Top of Data to examine

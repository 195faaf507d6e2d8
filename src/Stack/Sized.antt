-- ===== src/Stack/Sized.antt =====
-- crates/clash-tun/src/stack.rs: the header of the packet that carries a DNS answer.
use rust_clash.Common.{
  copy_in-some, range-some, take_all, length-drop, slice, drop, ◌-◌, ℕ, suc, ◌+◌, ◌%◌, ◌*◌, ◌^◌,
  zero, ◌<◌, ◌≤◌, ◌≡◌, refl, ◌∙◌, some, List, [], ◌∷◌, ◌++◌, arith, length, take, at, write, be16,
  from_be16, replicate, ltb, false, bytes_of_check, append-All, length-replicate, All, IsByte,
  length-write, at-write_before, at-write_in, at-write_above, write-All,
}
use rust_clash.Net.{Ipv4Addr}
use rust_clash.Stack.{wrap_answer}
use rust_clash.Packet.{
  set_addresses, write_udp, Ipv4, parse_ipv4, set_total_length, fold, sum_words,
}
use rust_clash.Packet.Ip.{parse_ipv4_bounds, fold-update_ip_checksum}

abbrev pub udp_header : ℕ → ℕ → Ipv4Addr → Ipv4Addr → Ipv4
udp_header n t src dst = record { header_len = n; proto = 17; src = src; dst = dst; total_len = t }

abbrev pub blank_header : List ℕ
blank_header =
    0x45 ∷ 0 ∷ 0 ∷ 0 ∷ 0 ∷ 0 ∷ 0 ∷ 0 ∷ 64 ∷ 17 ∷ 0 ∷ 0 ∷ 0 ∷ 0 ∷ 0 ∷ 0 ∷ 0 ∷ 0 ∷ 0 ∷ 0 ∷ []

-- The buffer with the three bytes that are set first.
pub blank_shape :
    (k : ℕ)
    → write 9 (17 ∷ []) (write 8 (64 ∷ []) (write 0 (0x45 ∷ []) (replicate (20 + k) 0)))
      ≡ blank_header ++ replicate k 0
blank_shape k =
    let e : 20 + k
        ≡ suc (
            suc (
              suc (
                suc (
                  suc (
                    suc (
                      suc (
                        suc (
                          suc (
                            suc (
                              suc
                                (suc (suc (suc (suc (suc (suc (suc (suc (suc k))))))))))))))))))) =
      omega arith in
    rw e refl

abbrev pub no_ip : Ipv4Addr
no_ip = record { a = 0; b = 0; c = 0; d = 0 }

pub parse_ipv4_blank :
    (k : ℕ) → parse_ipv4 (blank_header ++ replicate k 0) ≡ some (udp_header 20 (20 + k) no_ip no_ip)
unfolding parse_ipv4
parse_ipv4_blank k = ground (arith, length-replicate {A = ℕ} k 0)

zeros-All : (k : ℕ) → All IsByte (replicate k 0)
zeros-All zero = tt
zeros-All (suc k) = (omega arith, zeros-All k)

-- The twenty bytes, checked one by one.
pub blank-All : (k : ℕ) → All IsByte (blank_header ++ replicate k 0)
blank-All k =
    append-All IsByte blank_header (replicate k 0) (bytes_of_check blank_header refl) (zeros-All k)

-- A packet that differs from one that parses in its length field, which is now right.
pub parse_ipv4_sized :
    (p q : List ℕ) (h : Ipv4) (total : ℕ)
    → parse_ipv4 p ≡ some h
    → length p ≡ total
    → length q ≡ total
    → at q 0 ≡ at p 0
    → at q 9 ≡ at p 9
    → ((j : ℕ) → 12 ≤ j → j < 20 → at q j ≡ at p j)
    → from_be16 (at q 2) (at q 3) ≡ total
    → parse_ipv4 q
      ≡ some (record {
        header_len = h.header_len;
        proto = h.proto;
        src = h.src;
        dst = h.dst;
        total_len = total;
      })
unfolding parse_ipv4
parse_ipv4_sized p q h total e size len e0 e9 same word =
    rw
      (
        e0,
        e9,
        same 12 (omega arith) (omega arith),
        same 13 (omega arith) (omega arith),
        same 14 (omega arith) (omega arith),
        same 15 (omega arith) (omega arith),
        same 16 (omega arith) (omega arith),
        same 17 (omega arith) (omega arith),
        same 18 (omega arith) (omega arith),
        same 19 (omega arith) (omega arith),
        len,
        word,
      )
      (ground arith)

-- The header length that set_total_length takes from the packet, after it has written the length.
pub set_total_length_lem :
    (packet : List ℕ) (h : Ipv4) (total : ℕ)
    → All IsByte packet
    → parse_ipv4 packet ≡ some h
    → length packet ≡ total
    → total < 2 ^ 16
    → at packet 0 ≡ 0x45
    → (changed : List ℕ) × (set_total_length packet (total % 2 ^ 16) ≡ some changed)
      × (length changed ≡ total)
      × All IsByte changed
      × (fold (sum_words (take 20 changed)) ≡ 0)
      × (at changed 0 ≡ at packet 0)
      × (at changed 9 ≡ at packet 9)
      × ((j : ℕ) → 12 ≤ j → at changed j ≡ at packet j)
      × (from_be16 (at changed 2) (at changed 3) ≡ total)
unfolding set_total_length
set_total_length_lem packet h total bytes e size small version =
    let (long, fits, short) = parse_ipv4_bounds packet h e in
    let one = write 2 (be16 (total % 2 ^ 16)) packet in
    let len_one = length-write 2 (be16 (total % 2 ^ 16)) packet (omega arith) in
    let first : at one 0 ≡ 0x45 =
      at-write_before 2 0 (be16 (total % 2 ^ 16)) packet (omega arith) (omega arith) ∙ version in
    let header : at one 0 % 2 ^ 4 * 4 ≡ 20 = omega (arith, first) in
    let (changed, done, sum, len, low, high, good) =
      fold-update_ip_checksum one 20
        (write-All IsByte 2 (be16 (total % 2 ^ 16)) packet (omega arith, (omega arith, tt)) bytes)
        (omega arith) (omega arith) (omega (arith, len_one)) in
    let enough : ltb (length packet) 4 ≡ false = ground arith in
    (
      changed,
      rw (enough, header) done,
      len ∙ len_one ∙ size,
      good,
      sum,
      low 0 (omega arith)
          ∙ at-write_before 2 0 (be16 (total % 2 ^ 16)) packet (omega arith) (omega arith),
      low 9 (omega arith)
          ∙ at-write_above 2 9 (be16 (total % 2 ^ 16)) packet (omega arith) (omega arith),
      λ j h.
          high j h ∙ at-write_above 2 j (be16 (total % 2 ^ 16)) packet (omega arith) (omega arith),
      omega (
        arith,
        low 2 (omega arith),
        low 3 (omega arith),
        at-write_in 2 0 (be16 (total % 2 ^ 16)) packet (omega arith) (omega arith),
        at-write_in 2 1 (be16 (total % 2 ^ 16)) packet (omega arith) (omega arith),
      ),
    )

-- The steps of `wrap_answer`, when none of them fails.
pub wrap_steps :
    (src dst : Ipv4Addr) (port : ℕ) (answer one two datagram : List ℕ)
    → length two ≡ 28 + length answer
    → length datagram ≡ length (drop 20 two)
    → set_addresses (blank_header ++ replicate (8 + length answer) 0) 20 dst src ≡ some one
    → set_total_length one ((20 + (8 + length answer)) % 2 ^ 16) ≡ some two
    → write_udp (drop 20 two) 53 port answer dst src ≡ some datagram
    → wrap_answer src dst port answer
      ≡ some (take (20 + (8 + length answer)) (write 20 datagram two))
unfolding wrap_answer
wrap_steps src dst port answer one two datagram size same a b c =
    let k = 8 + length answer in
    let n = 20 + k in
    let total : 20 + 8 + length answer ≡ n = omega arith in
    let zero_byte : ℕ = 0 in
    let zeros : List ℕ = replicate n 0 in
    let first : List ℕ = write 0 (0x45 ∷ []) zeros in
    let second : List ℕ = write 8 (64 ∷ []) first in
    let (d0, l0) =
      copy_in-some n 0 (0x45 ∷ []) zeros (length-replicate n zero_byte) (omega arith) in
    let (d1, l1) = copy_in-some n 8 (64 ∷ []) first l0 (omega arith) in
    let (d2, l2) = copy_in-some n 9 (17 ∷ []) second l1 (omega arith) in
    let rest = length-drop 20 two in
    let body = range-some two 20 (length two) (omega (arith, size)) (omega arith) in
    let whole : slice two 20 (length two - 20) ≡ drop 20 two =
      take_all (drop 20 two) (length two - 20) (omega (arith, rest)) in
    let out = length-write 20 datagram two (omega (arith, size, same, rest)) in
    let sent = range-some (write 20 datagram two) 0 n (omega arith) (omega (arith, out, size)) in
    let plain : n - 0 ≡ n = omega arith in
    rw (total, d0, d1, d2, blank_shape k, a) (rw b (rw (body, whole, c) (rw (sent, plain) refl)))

Bottom of Data to examine

Gather and copy every line of the data in which the string "refl" is found.

(Problem solution):
  zero, ◌<◌, ◌≤◌, ◌≡◌, refl, ◌∙◌, some, List, [], ◌∷◌, ◌++◌, arith, length, take, at, write, be16,
    rw e refl
    append-All IsByte blank_header (replicate k 0) (bytes_of_check blank_header refl) (zeros-All k)
    rw (total, d0, d1, d2, blank_shape k, a) (rw b (rw (body, whole, c) (rw (sent, plain) refl)))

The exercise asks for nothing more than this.